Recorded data
◇ ◇ ◇

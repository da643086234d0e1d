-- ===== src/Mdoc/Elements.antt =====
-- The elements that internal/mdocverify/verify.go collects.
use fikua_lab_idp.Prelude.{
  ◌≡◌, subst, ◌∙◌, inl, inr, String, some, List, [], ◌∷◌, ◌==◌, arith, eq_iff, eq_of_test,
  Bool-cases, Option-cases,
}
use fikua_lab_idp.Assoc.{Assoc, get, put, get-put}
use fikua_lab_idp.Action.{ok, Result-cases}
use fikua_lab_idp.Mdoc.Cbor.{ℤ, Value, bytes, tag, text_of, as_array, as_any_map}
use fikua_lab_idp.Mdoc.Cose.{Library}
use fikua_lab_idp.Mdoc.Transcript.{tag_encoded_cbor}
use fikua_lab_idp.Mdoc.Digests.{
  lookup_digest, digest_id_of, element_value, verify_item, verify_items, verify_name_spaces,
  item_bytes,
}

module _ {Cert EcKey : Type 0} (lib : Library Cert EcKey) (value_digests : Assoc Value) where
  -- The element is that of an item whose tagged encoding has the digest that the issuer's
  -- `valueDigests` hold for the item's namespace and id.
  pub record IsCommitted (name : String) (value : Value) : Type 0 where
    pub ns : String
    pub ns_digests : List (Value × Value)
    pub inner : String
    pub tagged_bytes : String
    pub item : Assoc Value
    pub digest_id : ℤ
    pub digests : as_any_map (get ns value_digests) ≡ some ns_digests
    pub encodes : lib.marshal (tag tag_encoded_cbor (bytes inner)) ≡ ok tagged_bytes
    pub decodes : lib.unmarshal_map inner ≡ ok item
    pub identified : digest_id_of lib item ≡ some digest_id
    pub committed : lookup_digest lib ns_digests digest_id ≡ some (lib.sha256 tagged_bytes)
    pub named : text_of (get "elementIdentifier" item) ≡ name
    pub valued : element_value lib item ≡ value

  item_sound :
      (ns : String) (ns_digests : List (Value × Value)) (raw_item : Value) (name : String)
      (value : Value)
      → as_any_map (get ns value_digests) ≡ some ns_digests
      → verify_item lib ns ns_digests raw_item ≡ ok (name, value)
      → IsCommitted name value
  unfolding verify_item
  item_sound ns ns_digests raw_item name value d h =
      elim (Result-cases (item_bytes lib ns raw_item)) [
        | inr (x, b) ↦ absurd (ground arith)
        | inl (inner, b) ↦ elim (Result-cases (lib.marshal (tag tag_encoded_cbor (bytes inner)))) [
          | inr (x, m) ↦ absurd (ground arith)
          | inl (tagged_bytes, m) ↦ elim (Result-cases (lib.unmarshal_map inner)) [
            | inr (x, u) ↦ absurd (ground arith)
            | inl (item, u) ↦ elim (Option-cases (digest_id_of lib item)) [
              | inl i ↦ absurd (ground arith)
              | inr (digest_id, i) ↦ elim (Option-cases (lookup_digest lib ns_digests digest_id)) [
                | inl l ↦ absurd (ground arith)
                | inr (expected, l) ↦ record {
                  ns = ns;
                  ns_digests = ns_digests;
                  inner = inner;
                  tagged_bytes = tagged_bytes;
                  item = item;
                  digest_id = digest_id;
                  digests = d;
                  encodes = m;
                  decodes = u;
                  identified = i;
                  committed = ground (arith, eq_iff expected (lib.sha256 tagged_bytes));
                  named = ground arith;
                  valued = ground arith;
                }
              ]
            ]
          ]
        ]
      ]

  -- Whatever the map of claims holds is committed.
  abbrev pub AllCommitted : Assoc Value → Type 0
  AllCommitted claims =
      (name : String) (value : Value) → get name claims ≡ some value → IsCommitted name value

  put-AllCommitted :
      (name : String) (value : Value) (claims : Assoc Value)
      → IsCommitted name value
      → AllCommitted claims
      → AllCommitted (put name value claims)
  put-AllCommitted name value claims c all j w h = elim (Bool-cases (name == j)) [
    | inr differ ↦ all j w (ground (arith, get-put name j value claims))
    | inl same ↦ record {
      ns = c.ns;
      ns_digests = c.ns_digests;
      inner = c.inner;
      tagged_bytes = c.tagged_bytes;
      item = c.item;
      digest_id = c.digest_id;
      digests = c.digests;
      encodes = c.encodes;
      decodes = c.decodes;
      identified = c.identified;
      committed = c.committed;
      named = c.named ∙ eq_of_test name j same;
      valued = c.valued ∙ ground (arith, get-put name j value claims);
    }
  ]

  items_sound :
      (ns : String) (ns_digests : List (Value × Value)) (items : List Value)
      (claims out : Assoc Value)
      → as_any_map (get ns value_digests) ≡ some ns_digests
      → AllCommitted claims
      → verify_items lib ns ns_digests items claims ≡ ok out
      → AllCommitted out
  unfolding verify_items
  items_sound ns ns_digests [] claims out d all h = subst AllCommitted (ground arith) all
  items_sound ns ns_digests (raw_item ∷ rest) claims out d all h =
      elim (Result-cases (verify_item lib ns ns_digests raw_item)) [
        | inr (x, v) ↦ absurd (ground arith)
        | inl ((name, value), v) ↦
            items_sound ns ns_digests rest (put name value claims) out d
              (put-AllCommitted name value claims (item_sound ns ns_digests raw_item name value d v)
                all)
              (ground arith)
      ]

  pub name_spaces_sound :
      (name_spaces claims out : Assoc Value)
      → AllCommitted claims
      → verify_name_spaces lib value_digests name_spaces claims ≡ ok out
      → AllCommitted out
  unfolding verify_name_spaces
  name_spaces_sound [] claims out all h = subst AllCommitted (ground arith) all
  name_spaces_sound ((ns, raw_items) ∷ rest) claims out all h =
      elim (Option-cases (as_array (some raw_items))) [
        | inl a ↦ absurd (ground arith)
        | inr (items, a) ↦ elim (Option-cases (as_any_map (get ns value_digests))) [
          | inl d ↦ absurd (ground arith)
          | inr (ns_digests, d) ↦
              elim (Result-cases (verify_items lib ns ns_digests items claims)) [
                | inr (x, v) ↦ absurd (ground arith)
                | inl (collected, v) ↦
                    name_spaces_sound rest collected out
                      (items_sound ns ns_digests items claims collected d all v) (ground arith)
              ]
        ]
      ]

◇ ◇ ◇

[PROMPT] Look above for the line holding "committed = c.committed;", then set down exactly that line and every line after it up to and including the line holding "items_sound ns ns_digests []", with nothing else.

[SOLUTION]
      committed = c.committed;
      named = c.named ∙ eq_of_test name j same;
      valued = c.valued ∙ ground (arith, get-put name j value claims);
    }
  ]

  items_sound :
      (ns : String) (ns_digests : List (Value × Value)) (items : List Value)
      (claims out : Assoc Value)
      → as_any_map (get ns value_digests) ≡ some ns_digests
      → AllCommitted claims
      → verify_items lib ns ns_digests items claims ≡ ok out
      → AllCommitted out
  unfolding verify_items
  items_sound ns ns_digests [] claims out d all h = subst AllCommitted (ground arith) all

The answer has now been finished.